### What to produce
Search the records for the word "ground" and copy each line in which it appears.

### Listed entries
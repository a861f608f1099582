-- ===== src/Snapshot/Reads.antt =====
-- What a read of a snapshot returns.
use r9p.Base.{
  ℕ, ◌+◌, ◌-◌, ◌^◌, ◌<◌, ◌≤◌, ◌≡◌, refl, sym, ap, ◌∙◌, min, zero, suc, ◌==◌, true, Bool-cases, inl,
  inr, [], ◌∷◌, Bytes, length, take, drop, leb, ◌||◌, arith,
}
use r9p.Snapshot.{read_bytes}

take-min : (n : ℕ) (xs : Bytes) → take (min n (length xs)) xs ≡ take n xs
take-min zero xs = let e : min zero (length xs) ≡ zero = omega arith in rw e refl
take-min (suc n) [] = let e : min (suc n) zero ≡ zero = omega arith in rw e refl
take-min (suc n) (x ∷ xs) =
    let e : min (suc n) (suc (length xs)) ≡ suc (min n (length xs)) = omega arith in
    rw e (ap (◌∷◌ x) (take-min n xs))

length-drop : (n : ℕ) (xs : Bytes) → length (drop n xs) ≡ length xs - n
length-drop zero xs = omega arith
length-drop (suc n) [] = omega arith
length-drop (suc n) (x ∷ xs) = omega (arith, length-drop n xs)

end_lem :
    (offset count size : ℕ)
    → offset + count < 2 ^ 64
    → offset < size
    → min (min (offset + count) (2 ^ 64 - 1)) size - offset ≡ min count (size - offset)
end_lem offset count size h small = omega arith

take_nil : (n : ℕ) → take {A = ℕ} n [] ≡ []
take_nil zero = refl
take_nil (suc n) = refl

drop_past : (n : ℕ) (xs : Bytes) → length xs ≤ n → drop n xs ≡ []
drop_past zero [] h = refl
drop_past zero (x ∷ xs) h = absurd (omega arith)
drop_past (suc n) [] h = refl
drop_past (suc n) (x ∷ xs) h = drop_past n xs (omega arith)

nothing_lem :
    (bytes : Bytes) (offset count : ℕ)
    → (leb (length bytes) offset || count == 0) ≡ true
    → take count (drop offset bytes) ≡ []
nothing_lem bytes offset zero e = refl
nothing_lem bytes offset (suc count) e =
    ap (take (suc count)) (drop_past offset bytes (ground arith)) ∙ take_nil (suc count)

-- A read of a snapshot returns the `count` bytes behind `offset`, as many as there are;
-- where the end of the range is below 2 ^ 64.
pub read_bytes_lem :
    (bytes : Bytes) (offset count : ℕ)
    → offset + count < 2 ^ 64
    → read_bytes bytes offset count ≡ take count (drop offset bytes)
unfolding read_bytes
read_bytes_lem bytes offset count h = elim (Bool-cases (leb (length bytes) offset || count == 0)) [
  | inl nothing ↦ rw (nothing, read_bytes) (sym (nothing_lem bytes offset count nothing))
  | inr something ↦
      rw
        (
          something,
          read_bytes,
          end_lem offset count (length bytes) h (ground arith),
          sym (length-drop offset bytes),
        )
        (take-min count (drop offset bytes))
]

### Your response
    ap (take (suc count)) (drop_past offset bytes (ground arith)) ∙ take_nil (suc count)
          end_lem offset count (length bytes) h (ground arith),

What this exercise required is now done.